Work instruction => Print, in exact form, the lines below from the one containing "abbrev pub IsForeign" through the one containing "is_owner_self : (u", and omit all others.

(Given data begins)

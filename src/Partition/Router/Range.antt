-- ===== src/Partition/Router/Range.antt =====
-- internal/partition/router.go: every event has a partition, and its stream is one of the router's.
use golang_predix.Common.{
  ℕ, zero, suc, ◌+◌, ◌<◌, ◌≡◌, refl, ap, ◌∙◌, some, Text, arith, get_elem?, length,
}
use golang_predix.Common.Int.{ℤ}
use golang_predix.Partition.Router.{
  Router, new_router, partition, stream, stream_for_event, streams_from, partition_streams,
}

streams_from-at :
    (r : Router) (n p i : ℕ) → i < n → get_elem? (streams_from r n p) i ≡ some (stream r (p + i))
unfolding streams_from
streams_from-at r zero p i h = absurd (omega arith)
streams_from-at r (suc n) p zero h = ap (λ k. some (stream r k)) (omega arith)
streams_from-at r (suc n) p (suc i) h =
    streams_from-at r n (p + 1) i (omega arith) ∙ ap (λ k. some (stream r k)) (omega arith)

length-streams_from : (r : Router) (n p : ℕ) → length (streams_from r n p) ≡ n
unfolding streams_from
length-streams_from r zero p = refl
length-streams_from r (suc n) p = ap suc (length-streams_from r n (p + 1))

partition-lt :
    (n : ℤ) (prefix event : Text)
    → partition (new_router n prefix) event < (new_router n prefix).partitions
unfolding partition new_router
partition-lt n prefix event = ground arith

-- A router of `NewRouter` routes every event to one of its partitions, and the stream of the event
-- is the entry of that partition among the streams of the router, of which there is one for each.
pub events_are_routed :
    (n : ℤ) (prefix event : Text)
    → let r = new_router n prefix in
      (partition r event < r.partitions)
      × (length (partition_streams r) ≡ r.partitions)
      × (get_elem? (partition_streams r) (partition r event) ≡ some (stream_for_event r event))
unfolding partition_streams stream_for_event
events_are_routed n prefix event =
    let r = new_router n prefix in
    let below = partition-lt n prefix event in
    (
      below,
      length-streams_from r r.partitions 0,
      streams_from-at r r.partitions 0 (partition r event) below
          ∙ ap (λ k. some (stream r k)) (omega arith),
    )
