-- ===== src/Partition/Lease/Exclusion.antt =====
-- internal/partition/lease.go: a lease that is held stays with its holder, whatever the other
-- instances do, until the holder releases it or Redis lets it expire.
use golang_predix.Common.{
  ◌≡◌, ◌≢◌, refl, ◌∙◌, true, false, none, some, List, [], ◌∷◌, All, Text, Text-discrete, arith,
  Bool-cases, inl, inr, sym, ap,
}
use golang_predix.Partition.Redis.{Redis}
use golang_predix.Partition.Lease.{Lease, acquire, renew, release, is_owner}

module _ (redis : Redis) where
  -- What an instance does with the lease of one key, or what Redis does with another key.
  pub data Action : Type 0 where
    acquires renews releases : Lease → Action
    expires : Text → Action

  unfoldable pub act : Action → redis.State → redis.State
  act (acquires l) s = (acquire redis l s).1
  act (renews l) s = (renew redis l s).1
  act (releases l) s = release redis l s
  act (expires k) s = redis.expire k s

  pub act_all : List Action → redis.State → redis.State
  act_all [] s = s
  act_all (a ∷ acts) s = act_all acts (act a s)

  -- The action is not the release of the lease by its holder, nor its expiry.
  abbrev pub IsForeign : Lease → Action → Type 0
  IsForeign l (acquires m) = Unit
  IsForeign l (renews m) = Unit
  IsForeign l (releases m) = m.key ≡ l.key → m.instance_id ≢ l.instance_id
  IsForeign l (expires k) = k ≢ l.key

  -- The instance of the lease holds its key.
  abbrev pub IsHeld : Lease → redis.State → Type 0
  IsHeld l s = redis.get l.key s ≡ some l.instance_id

  acquire_held :
      (l m : Lease) (s : redis.State) → IsHeld l s → m.key ≡ l.key → acquire redis m s ≡ (false, s)
  unfolding acquire
  acquire_held l m s h e =
      redis.set_nx_taken m.key m.instance_id l.instance_id m.ttl s (ap (λ k. redis.get k s) e ∙ h)

  is_owner_other : (u v : Text) → u ≢ v → is_owner (some u) v ≡ false
  unfolding is_owner
  is_owner_other u v n = ground arith

  is_owner_self : (u : Text) → is_owner (some u) u ≡ true
  unfolding is_owner
  is_owner_self u = ground arith

  renew_other :
      (l m : Lease) (s : redis.State)
      → IsHeld l s
      → m.key ≡ l.key
      → m.instance_id ≢ l.instance_id
      → (renew redis m s ≡ (false, s)) × (release redis m s ≡ s)
  unfolding renew release
  renew_other l m s h e n =
      rw
        (ap (λ k. redis.get k s) e ∙ h, is_owner_other l.instance_id m.instance_id (λ p. n (sym p)))
        (refl, refl)

  renew_self : (l : Lease) (s : redis.State) → IsHeld l s → (renew redis l s).0 ≡ true
  unfolding renew
  renew_self l s h = rw (h, is_owner_self) refl

  act-IsHeld :
      (l : Lease) (a : Action) (s : redis.State) → IsForeign l a → IsHeld l s → IsHeld l (act a s)
  unfolding act acquire renew release
  act-IsHeld l (acquires m) s f h = elim (Text-discrete l.key m.key) [
    | yes e ↦ rw (act, acquire_held l m s h (sym e)) h
    | no n ↦ redis.set_nx_others m.key m.instance_id l.key m.ttl s n ∙ h
  ]
  act-IsHeld l (renews m) s f h = elim (Bool-cases (is_owner (redis.get m.key s) m.instance_id)) [
    | inl own ↦ rw (act, renew, own) (redis.get_pexpire m.key l.key m.ttl s ∙ h)
    | inr other ↦ rw (act, renew, other) h
  ]
  act-IsHeld l (releases m) s f h = elim (Text-discrete l.key m.key) [
    | yes e ↦ rw (act, (renew_other l m s h (sym e) (f (sym e))).1) h
    | no n ↦ elim (Bool-cases (is_owner (redis.get m.key s) m.instance_id)) [
      | inl own ↦ rw (act, release, own) (ground (arith, redis.get_del m.key l.key s, h))
      | inr other ↦ rw (act, release, other) h
    ]
  ]
  act-IsHeld l (expires k) s f h = ground (arith, redis.get_expire k l.key s, h)

  act_all-IsHeld :
      (l : Lease) (acts : List Action) (s : redis.State)
      → All (IsForeign l) acts
      → IsHeld l s
      → IsHeld l (act_all acts s)
  unfolding act_all
  act_all-IsHeld l [] s fs h = h
  act_all-IsHeld l (a ∷ acts) s (f, fs) h =
      act_all-IsHeld l acts (act a s) fs (act-IsHeld l a s f h)

  -- An instance that acquires a free key holds it through any actions of any instances that are neither its own release
  -- nor the expiry: it can renew, and another instance cannot acquire, renew or release the key. Nor is it acquired twice.
  pub acquire_is_exclusive :
      (l m : Lease) (acts : List Action) (s : redis.State)
      → redis.get l.key s ≡ none
      → All (IsForeign l) acts
      → m.key ≡ l.key
      → m.instance_id ≢ l.instance_id
      → let s' = act_all acts (acquire redis l s).1 in
        ((acquire redis l s).0 ≡ true)
        × ((renew redis l s').0 ≡ true)
        × (acquire redis l s' ≡ (false, s'))
        × (acquire redis m s' ≡ (false, s'))
        × (renew redis m s' ≡ (false, s'))
        × (release redis m s' ≡ s')
  unfolding acquire
  acquire_is_exclusive l m acts s free fs e n =
      let (got, mine) = redis.set_nx_free l.key l.instance_id l.ttl s free in
      let held = act_all-IsHeld l acts (acquire redis l s).1 fs mine in
      let (refused, kept) = renew_other l m _ held e n in
      (
        got,
        renew_self l _ held,
        acquire_held l l _ held refl,
        acquire_held l m _ held e,
        refused,
        kept,
      )

  -- After a release by the holder, or the expiry of its lease, another instance acquires the key at once, and what the
  -- old holder still does with it changes nothing.
  pub failover :
      (l m : Lease) (s : redis.State)
      → IsHeld l s
      → m.key ≡ l.key
      → l.instance_id ≢ m.instance_id
      → let after_release = acquire redis m (release redis l s) in
        let after_expiry = acquire redis m (redis.expire l.key s) in
        (after_release.0 ≡ true)
        × (after_expiry.0 ≡ true)
        × (renew redis l after_release.1 ≡ (false, after_release.1))
        × (release redis l after_release.1 ≡ after_release.1)
        × (renew redis l after_expiry.1 ≡ (false, after_expiry.1))
        × (release redis l after_expiry.1 ≡ after_expiry.1)
  unfolding acquire
  failover l m s h e n =
      let released : redis.get m.key (release redis l s) ≡ none =
        unfold release in rw (h, is_owner_self) (ground (arith, redis.get_del l.key m.key s)) in
      let expired : redis.get m.key (redis.expire l.key s) ≡ none =
        ground (arith, redis.get_expire l.key m.key s) in
      let (got, mine) = redis.set_nx_free m.key m.instance_id m.ttl (release redis l s) released in
      let (got', mine') =
        redis.set_nx_free m.key m.instance_id m.ttl (redis.expire l.key s) expired in
      let (r, d) = renew_other m l _ mine (sym e) n in
      let (r', d') = renew_other m l _ mine' (sym e) n in (got, got', r, d, r', d')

(Given data ends)

Solution for this problem =>
  abbrev pub IsForeign : Lease → Action → Type 0
  IsForeign l (acquires m) = Unit
  IsForeign l (renews m) = Unit
  IsForeign l (releases m) = m.key ≡ l.key → m.instance_id ≢ l.instance_id
  IsForeign l (expires k) = k ≢ l.key

  -- The instance of the lease holds its key.
  abbrev pub IsHeld : Lease → redis.State → Type 0
  IsHeld l s = redis.get l.key s ≡ some l.instance_id

  acquire_held :
      (l m : Lease) (s : redis.State) → IsHeld l s → m.key ≡ l.key → acquire redis m s ≡ (false, s)
  unfolding acquire
  acquire_held l m s h e =
      redis.set_nx_taken m.key m.instance_id l.instance_id m.ttl s (ap (λ k. redis.get k s) e ∙ h)

  is_owner_other : (u v : Text) → u ≢ v → is_owner (some u) v ≡ false
  unfolding is_owner
  is_owner_other u v n = ground arith

  is_owner_self : (u : Text) → is_owner (some u) u ≡ true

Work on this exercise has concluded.